In a dry land like Babylonia, where little rain falls and that in only one season of the year, the irrigation of his fields forms one of the most important duties of the agriculturist. The farmer leads the water to his fields along small irrigation-canals or channels above the level of the soil, their sides being formed of banks of earth. It is clear that similar methods were employed by the early Babylonians. One such channel might supply the fields of several farmers, and it was the duty of each man through whose land the channel flowed to keep its banks on his land in repair. If he omitted to strengthen his bank or dyke, and the water forced a breach and flooded his neighbour’s field, he had to pay compensation in kind for any crop that was ruined; while if he could not pay, he and his goods were sold, and his neighbours, whose fields had been damaged through his carelessness, shared the money.

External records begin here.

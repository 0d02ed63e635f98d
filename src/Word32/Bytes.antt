-- ===== src/Word32/Bytes.antt =====
-- The byte order macros of misc.h as arithmetic, and what a client of a byte order relies on.
use pageant.Base.{
  ℕ, ◌+◌, ◌*◌, ◌/◌, ◌%◌, ◌^◌, ◌<◌, bit_or, ◌≡◌, refl, ap, ap₂, ◌∙◌, List, [], ◌∷◌, ◌++◌, arith,
  drop, All, length, ◌≤◌,
}
use pageant.Base.Bits.{bit_or_fields, bit_or_comm, bit_and_mask}
use pageant.Word32.{
  shl, get_32bit_msb_first, get_32bit_lsb_first, put_32bit_msb_first, put_32bit_lsb_first,
}

abbrev pub IsByte : ℕ → Type 0
IsByte b = b < 256

-- Four fields of eight bits, joined by `|` from the top.
join_fields :
    (a b c d : ℕ)
    → a < 256
    → b < 256
    → c < 256
    → d < 256
    → bit_or (bit_or (bit_or (shl a 24) (shl b 16)) (shl c 8)) d
      ≡ a * 2 ^ 24 + b * 2 ^ 16 + c * 2 ^ 8 + d
join_fields a b c d ha hb hc hd =
    let e1 : bit_or (shl a 24) (shl b 16) ≡ (a * 256 + b) * 2 ^ 16 =
      ap₂ bit_or (no_wrap a 24 (omega arith)) (no_wrap b 16 (omega arith))
      ∙ bit_or_fields 24 a (b * 2 ^ 16) (omega arith)
      ∙ omega arith in
    let e2 : bit_or ((a * 256 + b) * 2 ^ 16) (shl c 8) ≡ (a * 65536 + b * 256 + c) * 2 ^ 8 =
      ap (bit_or ((a * 256 + b) * 2 ^ 16)) (no_wrap c 8 (omega arith))
      ∙ bit_or_fields 16 (a * 256 + b) (c * 2 ^ 8) (omega arith)
      ∙ omega arith in
    ap (λ (t : ℕ). bit_or (bit_or t (shl c 8)) d) e1
    ∙ ap (λ (t : ℕ). bit_or t d) e2
    ∙ bit_or_fields 8 (a * 65536 + b * 256 + c) d hd
    ∙ omega arith
  where
    no_wrap : (x k : ℕ) → x * 2 ^ k < 2 ^ 32 → shl x k ≡ x * 2 ^ k
    no_wrap x k h = omega arith

pub get_msb_value :
    (a b c d : ℕ) (r : List ℕ)
    → a < 256
    → b < 256
    → c < 256
    → d < 256
    → get_32bit_msb_first (a ∷ b ∷ c ∷ d ∷ r) ≡ a * 2 ^ 24 + b * 2 ^ 16 + c * 2 ^ 8 + d
unfolding get_32bit_msb_first
get_msb_value a b c d r = join_fields a b c d

pub put_msb_value :
    (v : ℕ)
    → put_32bit_msb_first v ≡ v / 2 ^ 24 % 256 ∷ v / 2 ^ 16 % 256 ∷ v / 2 ^ 8 % 256 ∷ v % 256 ∷ []
unfolding put_32bit_msb_first
put_msb_value v =
    rw
      (
        bit_and_mask 8 (v / 2 ^ 24),
        bit_and_mask 8 (v / 2 ^ 16),
        bit_and_mask 8 (v / 2 ^ 8),
        bit_and_mask 8 v,
      )
      refl

-- Reading back a stored word.
pub get-put_msb :
    (v : ℕ) (r : List ℕ) → v < 2 ^ 32 → get_32bit_msb_first (put_32bit_msb_first v ++ r) ≡ v
get-put_msb v r h =
    rw (put_msb_value v) (
      get_msb_value _ _ _ _ r (omega arith) (omega arith) (omega arith) (omega arith) ∙ omega arith)

-- Storing a word that was read gives its bytes.
pub put-get_msb :
    (a b c d : ℕ) (r : List ℕ)
    → a < 256
    → b < 256
    → c < 256
    → d < 256
    → put_32bit_msb_first (get_32bit_msb_first (a ∷ b ∷ c ∷ d ∷ r)) ≡ a ∷ b ∷ c ∷ d ∷ []
put-get_msb a b c d r ha hb hc hd =
    rw (get_msb_value a b c d r ha hb hc hd, put_msb_value)
      (ap₂ ◌∷◌ (omega arith)
        (ap₂ ◌∷◌ (omega arith) (ap₂ ◌∷◌ (omega arith) (ap (λ (t : ℕ). t ∷ []) (omega arith)))))

-- Four fields of eight bits, joined by `|` from the bottom.
join_up :
    (a b c d : ℕ)
    → a < 256
    → b < 256
    → c < 256
    → d < 256
    → bit_or (bit_or (bit_or a (shl b 8)) (shl c 16)) (shl d 24)
      ≡ d * 2 ^ 24 + c * 2 ^ 16 + b * 2 ^ 8 + a
join_up a b c d ha hb hc hd =
    let e1 : bit_or a (shl b 8) ≡ b * 2 ^ 8 + a = above 8 b a (omega arith) (omega arith) in
    let e2 : bit_or (b * 2 ^ 8 + a) (shl c 16) ≡ c * 2 ^ 16 + (b * 2 ^ 8 + a) =
      above 16 c (b * 2 ^ 8 + a) (omega arith) (omega arith) in
    ap (λ (t : ℕ). bit_or (bit_or t (shl c 16)) (shl d 24)) e1
    ∙ ap (λ (t : ℕ). bit_or t (shl d 24)) e2
    ∙ above 24 d (c * 2 ^ 16 + (b * 2 ^ 8 + a)) (omega arith) (omega arith)
    ∙ omega arith
  where
    above :
        (k x low : ℕ) → low < 2 ^ k → x * 2 ^ k < 2 ^ 32 → bit_or low (shl x k) ≡ x * 2 ^ k + low
    above k x low hl h =
        let e : shl x k ≡ x * 2 ^ k = omega arith in
        rw e (bit_or_comm low (x * 2 ^ k) ∙ bit_or_fields k x low hl)

get_lsb_value :
    (a b c d : ℕ) (r : List ℕ)
    → a < 256
    → b < 256
    → c < 256
    → d < 256
    → get_32bit_lsb_first (a ∷ b ∷ c ∷ d ∷ r) ≡ d * 2 ^ 24 + c * 2 ^ 16 + b * 2 ^ 8 + a
unfolding get_32bit_lsb_first
get_lsb_value a b c d r = join_up a b c d

get-put_lsb :
    (v : ℕ) (r : List ℕ) → v < 2 ^ 32 → get_32bit_lsb_first (put_32bit_lsb_first v ++ r) ≡ v
unfolding put_32bit_lsb_first
get-put_lsb v r h =
    get_lsb_value _ _ _ _ r (omega arith) (omega arith) (omega arith) (omega arith) ∙ omega arith

put-get_lsb :
    (a b c d : ℕ) (r : List ℕ)
    → a < 256
    → b < 256
    → c < 256
    → d < 256
    → put_32bit_lsb_first (get_32bit_lsb_first (a ∷ b ∷ c ∷ d ∷ r)) ≡ a ∷ b ∷ c ∷ d ∷ []
unfolding put_32bit_lsb_first
put-get_lsb a b c d r ha hb hc hd = rw (get_lsb_value a b c d r ha hb hc hd) (
    ap₂ ◌∷◌ (omega arith)
      (ap₂ ◌∷◌ (omega arith) (ap₂ ◌∷◌ (omega arith) (ap (λ (t : ℕ). t ∷ []) (omega arith)))))

-- What a client of a byte order relies on: reading back what was stored, storing what was read, four
-- bytes stored, and a word read from bytes.
pub record IsOrder (get : List ℕ → ℕ) (put : ℕ → List ℕ) : Type 0 where
  pub get-put : (v : ℕ) (r : List ℕ) → v < 2 ^ 32 → get (put v ++ r) ≡ v
  pub length-put : (v : ℕ) → length (put v) ≡ 4
  pub drop-put : (v : ℕ) (r : List ℕ) → drop 4 (put v ++ r) ≡ r
  pub put-get : (bs : List ℕ) → All IsByte bs → 4 ≤ length bs → put (get bs) ++ drop 4 bs ≡ bs
  pub get-lt : (bs : List ℕ) → All IsByte bs → 4 ≤ length bs → get bs < 2 ^ 32

length-put_msb : (v : ℕ) → length (put_32bit_msb_first v) ≡ 4
unfolding put_32bit_msb_first
length-put_msb v = refl

drop-put_msb : (v : ℕ) (r : List ℕ) → drop 4 (put_32bit_msb_first v ++ r) ≡ r
unfolding put_32bit_msb_first
drop-put_msb v r = refl

pub msb-IsOrder : IsOrder get_32bit_msb_first put_32bit_msb_first
msb-IsOrder = record {
  get-put = get-put_msb;
  length-put = length-put_msb;
  drop-put = drop-put_msb;
  put-get = stored;
  get-lt = read;
}
  where
    stored :
        (bs : List ℕ)
        → All IsByte bs
        → 4 ≤ length bs
        → put_32bit_msb_first (get_32bit_msb_first bs) ++ drop 4 bs ≡ bs
    stored [] _ k = absurd (omega arith)
    stored (a ∷ []) _ k = absurd (omega arith)
    stored (a ∷ b ∷ []) _ k = absurd (omega arith)
    stored (a ∷ b ∷ c ∷ []) _ k = absurd (omega arith)
    stored (a ∷ b ∷ c ∷ d ∷ r) (ha, (hb, (hc, (hd, h)))) k =
        ap (λ (t : List ℕ). t ++ r) (put-get_msb a b c d r ha hb hc hd)

    read : (bs : List ℕ) → All IsByte bs → 4 ≤ length bs → get_32bit_msb_first bs < 2 ^ 32
    read [] _ k = absurd (omega arith)
    read (a ∷ []) _ k = absurd (omega arith)
    read (a ∷ b ∷ []) _ k = absurd (omega arith)
    read (a ∷ b ∷ c ∷ []) _ k = absurd (omega arith)
    read (a ∷ b ∷ c ∷ d ∷ r) (ha, (hb, (hc, (hd, h)))) k =
        omega (arith, get_msb_value a b c d r ha hb hc hd)

length-put_lsb : (v : ℕ) → length (put_32bit_lsb_first v) ≡ 4
unfolding put_32bit_lsb_first
length-put_lsb v = refl

drop-put_lsb : (v : ℕ) (r : List ℕ) → drop 4 (put_32bit_lsb_first v ++ r) ≡ r
unfolding put_32bit_lsb_first
drop-put_lsb v r = refl

pub lsb-IsOrder : IsOrder get_32bit_lsb_first put_32bit_lsb_first
lsb-IsOrder = record {
  get-put = get-put_lsb;
  length-put = length-put_lsb;
  drop-put = drop-put_lsb;
  put-get = stored;
  get-lt = read;
}
  where
    stored :
        (bs : List ℕ)
        → All IsByte bs
        → 4 ≤ length bs
        → put_32bit_lsb_first (get_32bit_lsb_first bs) ++ drop 4 bs ≡ bs
    stored [] _ k = absurd (omega arith)
    stored (a ∷ []) _ k = absurd (omega arith)
    stored (a ∷ b ∷ []) _ k = absurd (omega arith)
    stored (a ∷ b ∷ c ∷ []) _ k = absurd (omega arith)
    stored (a ∷ b ∷ c ∷ d ∷ r) (ha, (hb, (hc, (hd, h)))) k =
        ap (λ (t : List ℕ). t ++ r) (put-get_lsb a b c d r ha hb hc hd)

    read : (bs : List ℕ) → All IsByte bs → 4 ≤ length bs → get_32bit_lsb_first bs < 2 ^ 32
    read [] _ k = absurd (omega arith)
    read (a ∷ []) _ k = absurd (omega arith)
    read (a ∷ b ∷ []) _ k = absurd (omega arith)
    read (a ∷ b ∷ c ∷ []) _ k = absurd (omega arith)
    read (a ∷ b ∷ c ∷ d ∷ r) (ha, (hb, (hc, (hd, h)))) k =
        omega (arith, get_lsb_value a b c d r ha hb hc hd)
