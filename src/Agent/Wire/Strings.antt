-- ===== src/Agent/Wire/Strings.antt =====
-- Strings, requests and replies are read back as they were written.
use pageant.Base.{
  ℕ, zero, suc, ◌+◌, ◌-◌, ◌^◌, ◌<◌, true, false, ◌≡◌, refl, sym, ap, ◌∙◌, some, List, [], ◌∷◌, ◌++◌,
  arith, ltb, length, length-append, take, drop,
}
use pageant.Word32.{get_32bit_msb_first, put_32bit_msb_first}
use pageant.Word32.Bytes.{msb-IsOrder}
use pageant.Agent.Wire.{rfc4251_string}

pub drop-append : (xs ys : List ℕ) → drop (length xs) (xs ++ ys) ≡ ys
drop-append [] ys = refl
drop-append (x ∷ xs) ys = drop-append xs ys

pub take-append : (xs ys : List ℕ) → take (length xs) (xs ++ ys) ≡ xs
take-append [] ys = refl
take-append (x ∷ xs) ys = ap (◌∷◌ x) (take-append xs ys)

drop-nil : (n : ℕ) → drop {A = ℕ} n [] ≡ []
drop-nil zero = refl
drop-nil (suc n) = refl

drop_add : (m n : ℕ) (xs : List ℕ) → drop (m + n) xs ≡ drop n (drop m xs)
drop_add zero n xs = let e : zero + n ≡ n = omega arith in ap (λ (k : ℕ). drop k xs) e
drop_add (suc m) n [] = drop-nil (suc m + n) ∙ sym (drop-nil n)
drop_add (suc m) n (x ∷ xs) =
    let e : suc m + n ≡ suc (m + n) = omega arith in
    ap (λ (k : ℕ). drop k (x ∷ xs)) e ∙ drop_add m n xs

-- A string behind anything is read back, and the position is behind it.
pub rfc4251_string-put :
    (pre string rest : List ℕ)
    → length string < 2 ^ 31
    → rfc4251_string (pre ++ (put_32bit_msb_first (length string) ++ (string ++ rest))) (length pre)
      ≡ some (length pre + 4 + length string, string)
unfolding rfc4251_string
rfc4251_string-put pre string rest h =
    let word = put_32bit_msb_first (length string) in
    let src = pre ++ (word ++ (string ++ rest)) in
    let w = msb-IsOrder.length-put (length string) in
    let d1 = drop-append pre (word ++ (string ++ rest)) in
    let l : length src ≡ length pre + 4 + length string + length rest = omega (
      arith,
      w,
      length-append pre (word ++ (string ++ rest)),
      length-append word (string ++ rest),
      length-append string rest,
    ) in
    let d2 : drop (length pre + 4) src ≡ string ++ rest =
      drop_add (length pre) 4 src
      ∙ ap (drop 4) d1
      ∙ ap (λ (k : ℕ). drop k (word ++ (string ++ rest))) (sym w)
      ∙ drop-append word (string ++ rest) in
    let g : get_32bit_msb_first (drop (length pre) src) ≡ length string =
      ap get_32bit_msb_first d1
      ∙ msb-IsOrder.get-put (length string) (string ++ rest) (omega arith) in
    let s : ltb (length string) (2 ^ 31) ≡ true = ground arith in
    let e : ltb (length src) (length pre + 4) ≡ false = ground (arith, l) in
    let f : ltb (length src - length pre - 4) (length string) ≡ false = ground (arith, l) in
    rw (g, s, e, f, d2, take-append string rest) refl

-- The same, for a source and a position given by equations.
pub rfc4251_string-at :
    (src pre string rest : List ℕ) (pos : ℕ)
    → src ≡ pre ++ (put_32bit_msb_first (length string) ++ (string ++ rest))
    → pos ≡ length pre
    → length string < 2 ^ 31
    → rfc4251_string src pos ≡ some (pos + 4 + length string, string)
rfc4251_string-at src pre string rest pos e f h = rw (e, f) (rfc4251_string-put pre string rest h)

pub drop-at :
    (src pre rest : List ℕ) (pos : ℕ) → src ≡ pre ++ rest → pos ≡ length pre → drop pos src ≡ rest
drop-at src pre rest pos e f = rw (e, f) (drop-append pre rest)
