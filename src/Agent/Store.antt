-- ===== src/Agent/Store.antt =====
-- keystore.cpp: the list of keys. The listeners are told of a change and hold no state of the store.
-- `now` is the result of `time(NULL)`.
pub mod Distinct
pub mod Absent
use pageant.Base.{
  ℕ, zero, suc, Bool, true, false, not, ◌&&◌, ◌||◌, Option, none, some, List, [], ◌∷◌, ◌++◌, ltb,
  ◌==◌, if◌then◌else◌,
}
use pageant.Agent.Action.{Result, ok, failed, fault, and_then, Action, pure, lift, ◌>>=◌, ◌>>◌}
use pageant.Agent.Keys.{Algorithms, Key, public_blob, same_list, same_key, copy_key, copyable}

module _ {algs : Algorithms} where
  abbrev pub expired : ℕ → Key algs → Bool
  expired now key = not (key.expiration_date == 0) && ltb key.expiration_date now

  unfoldable pub expire : ℕ → List (Key algs) → List (Key algs)
  expire now [] = []
  expire now (k ∷ keys) = let rest = expire now keys in if expired now k then rest else k ∷ rest

  -- The first key that the test accepts, and the list without it: the index of a search and the
  -- `erase` at it.
  unfoldable pub find_first : (Key algs → Bool) → List (Key algs) → Option (Key algs)
  find_first test [] = none
  find_first test (k ∷ keys) = let rest = find_first test keys in if test k then some k else rest

  unfoldable pub erase_first : (Key algs → Bool) → List (Key algs) → List (Key algs)
  erase_first test [] = []
  erase_first test (k ∷ keys) =
      let rest = erase_first test keys in if test k then keys else k ∷ rest

  -- search_public_blob, after its `expire`, and keystore_get_from_blob. The key handed out is a copy.
  unfoldable pub copy_found : Option (Key algs) → Result (Option (Key algs))
  copy_found none = ok none
  copy_found (some k) = and_then (copy_key k) (λ c. ok (some c))

  unfoldable pub keystore_get_from_blob :
      ℕ → List ℕ → List (Key algs) → Result (Option (Key algs)) × List (Key algs)
  unfolding expire find_first copy_found
  keystore_get_from_blob now blob keys =
      let left = expire now keys in
      (copy_found (find_first (λ k. same_list blob (public_blob k)) left), left)

  -- keystore_exist does not expire.
  unfoldable pub keystore_exist : Key algs → List (Key algs) → Bool
  keystore_exist key [] = false
  keystore_exist key (k ∷ keys) = same_key k key || keystore_exist key keys

  unfoldable pub add_copied : Result (Key algs) → List (Key algs) → Result Bool × List (Key algs)
  add_copied (ok c) keys = (ok true, keys ++ c ∷ [])
  add_copied failed keys = (failed, keys)
  add_copied fault keys = (fault, keys)

  unfoldable pub keystore_add : Key algs → List (Key algs) → Result Bool × List (Key algs)
  unfolding keystore_exist add_copied
  keystore_add key keys =
      if keystore_exist key keys then (ok false, keys) else add_copied (copy_key key) keys

  unfoldable pub keystore_remove_all : List (Key algs) → List (Key algs)
  keystore_remove_all keys = []

  -- `erase` at the index that the search has found.
  unfoldable pub erase_found :
      (Key algs → Bool) → Option (Key algs) → List (Key algs) → Result Bool × List (Key algs)
  erase_found test none keys = (ok false, keys)
  erase_found test (some k) keys = (ok true, erase_first test keys)

  -- search_key compares with a copy of the key.
  unfoldable pub remove_copied : Result (Key algs) → List (Key algs) → Result Bool × List (Key algs)
  unfolding find_first erase_first erase_found
  remove_copied (ok c) keys = erase_found (same_key c) (find_first (same_key c) keys) keys
  remove_copied failed keys = (failed, keys)
  remove_copied fault keys = (fault, keys)

  unfoldable pub keystore_remove : ℕ → Key algs → List (Key algs) → Result Bool × List (Key algs)
  unfolding expire remove_copied
  keystore_remove now key keys = remove_copied (copy_key key) (expire now keys)

  unfoldable pub copy_all : List (Key algs) → Result (List (Key algs))
  copy_all [] = ok []
  copy_all (k ∷ keys) = and_then (copy_key k) λ c. and_then (copy_all keys) λ cs. ok (c ∷ cs)

  unfoldable pub keystore_get_keys :
      ℕ → List (Key algs) → Result (List (Key algs)) × List (Key algs)
  unfolding expire copy_all
  keystore_get_keys now keys = let left = expire now keys in (copy_all left, left)
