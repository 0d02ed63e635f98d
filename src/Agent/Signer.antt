-- ===== src/Agent/Signer.antt =====
-- signer of pageant.cpp: where a signature comes from, by the prefix of the key's comment. Smart cards,
-- the Bluetooth proxy and the RDP relay are the environment's.
use pageant.Base.{
  ℕ, ◌+◌, Bool, true, false, ◌&&◌, ◌||◌, Option, none, some, List, [], ◌∷◌, leb, ◌==◌,
  if◌then◌else◌,
}
use pageant.Agent.Action.{Result, ok, failed, fault, and_then}
use pageant.Agent.Wire.{create_agentc_sign_request, parse_sign_response}
use pageant.Agent.Keys.{Algorithms, Key, public_blob}
use pageant.Agent.Store.{keystore_get_from_blob}

pub record Devices (algs : Algorithms) : Type 0 where
  pub smartcard_sign : Key algs → List ℕ → ℕ → List ℕ
  pub bt_enabled : Bool
  pub bt_connect : List ℕ → Bool
  pub bt_handle_msg : List ℕ → Option (List ℕ)
  pub rdp_enabled : Bool
  pub rdp_send_receive : List ℕ → Option (List ℕ)

-- The letters of `strnicmp` without case.
abbrev pub lower : ℕ → ℕ
lower c = if leb b'A' c && leb c b'Z' then c + 32 else c

unfoldable pub starts_with : (ℕ → ℕ) → List ℕ → List ℕ → Bool
starts_with f [] text = true
starts_with f (p ∷ prefix) [] = false
starts_with f (p ∷ prefix) (c ∷ text) = (f p == f c) && starts_with f prefix text

unfoldable pub cert_is_certpath : List ℕ → Bool
unfolding starts_with
cert_is_certpath path =
    starts_with lower (b'C' ∷ b'A' ∷ b'P' ∷ b'I' ∷ b':' ∷ []) path
    || starts_with lower (b'P' ∷ b'K' ∷ b'C' ∷ b'S' ∷ b':' ∷ []) path

-- `_signature.empty()` is the result false.
abbrev pub if_any : List ℕ → Result (List ℕ)
if_any [] = failed
if_any (b ∷ bs) = ok (b ∷ bs)

-- A reply of a proxy.
abbrev pub proxied : Option (List ℕ) → Result (List ℕ)
proxied none = failed
proxied (some response) = if_any (parse_sign_response response)

module _ {algs : Algorithms} (dev : Devices algs) where
  -- `key_comment` of a `ckey` without a key is empty.
  abbrev pub key_comment : Option (Key algs) → List ℕ
  key_comment none = []
  key_comment (some key) = key.comment

  -- What reads through the pointer to the key: a fault when it is null.
  abbrev pub through : Option (Key algs) → (Key algs → Result (List ℕ)) → Result (List ℕ)
  through none use_key = fault
  through (some key) use_key = use_key key

  -- signer, after keystore_get.
  unfoldable pub sign_with : Option (Key algs) → List ℕ → ℕ → Result (List ℕ)
  unfolding cert_is_certpath
  sign_with private_key data' flags =
      let comment = key_comment private_key in
      if cert_is_certpath comment
      then through private_key (λ key. if_any (dev.smartcard_sign key data' flags))
      else if starts_with (λ c. c) (b'b' ∷ b't' ∷ b's' ∷ b'p' ∷ b'p' ∷ b':' ∷ b'/' ∷ b'/' ∷ [])
          comment
      then if dev.bt_enabled
        then through private_key (λ key.
          if dev.bt_connect key.comment
          then proxied (dev.bt_handle_msg (create_agentc_sign_request (public_blob key) data'))
          else failed)
        else failed
      else if starts_with (λ c. c) (b'r' ∷ b'd' ∷ b'p' ∷ b':' ∷ b'/' ∷ b'/' ∷ []) comment
      then if dev.rdp_enabled
        then through private_key (λ key.
          proxied (dev.rdp_send_receive (create_agentc_sign_request (public_blob key) data')))
        else failed
      else through private_key λ key. if_any (algs.sign key.alg key.material data' flags)

  -- The result of keystore_get is not looked at.
  unfoldable pub signer :
      ℕ → Key algs → List ℕ → ℕ → List (Key algs) → Result (List ℕ) × List (Key algs)
  signer now public_key data' flags keys =
      let (found, left) = keystore_get_from_blob now (public_blob public_key) keys in
      let signature : Result (List ℕ) =
        and_then found λ private_key. sign_with private_key data' flags in
      (signature, left)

The land of Babylonian farmers was prepared for irrigation before it was sown by being divided into a number of small square or oblong tracts, each separated from the others by a low bank of earth, the seed being afterwards sown within the small squares or patches. Some of the banks running lengthwise through the field were made into small channels, the ends of which were carried up to the bank of the nearest main irrigation canal. No system of gates or sluices was employed, and when the farmer wished to water one of his fields he simply broke away the bank opposite one of his small channels and let the water flow into it. He would let the water run along this small channel until it reached the part of his land he wished to water. He then blocked the channel with a little earth, at the same time breaking down its bank so that the water flowed over one of the small squares and thoroughly soaked it. When this square was finished he filled up the bank and repeated the process for the next square, and so on until he had watered the necessary portion of the field. When this was finished he returned to the main channel and stopped the flow of the water by blocking up the hole he had made in the dyke. The whole process was, and to-day still is, extremely simple, but it needs care and vigilance, especially in the case of extensive irrigation when water is being carried into several parts of an estate at once. It will be obvious that any carelessness on the part of the irrigator in not shutting off the water in time may lead to extensive damage, not only to his own fields, but to those of his neighbours. In the early Babylonian period, if a farmer left the water running in his channel, and it flooded his neighbour’s field and hurt his crop, he had to pay compensation according to the amount of damage done.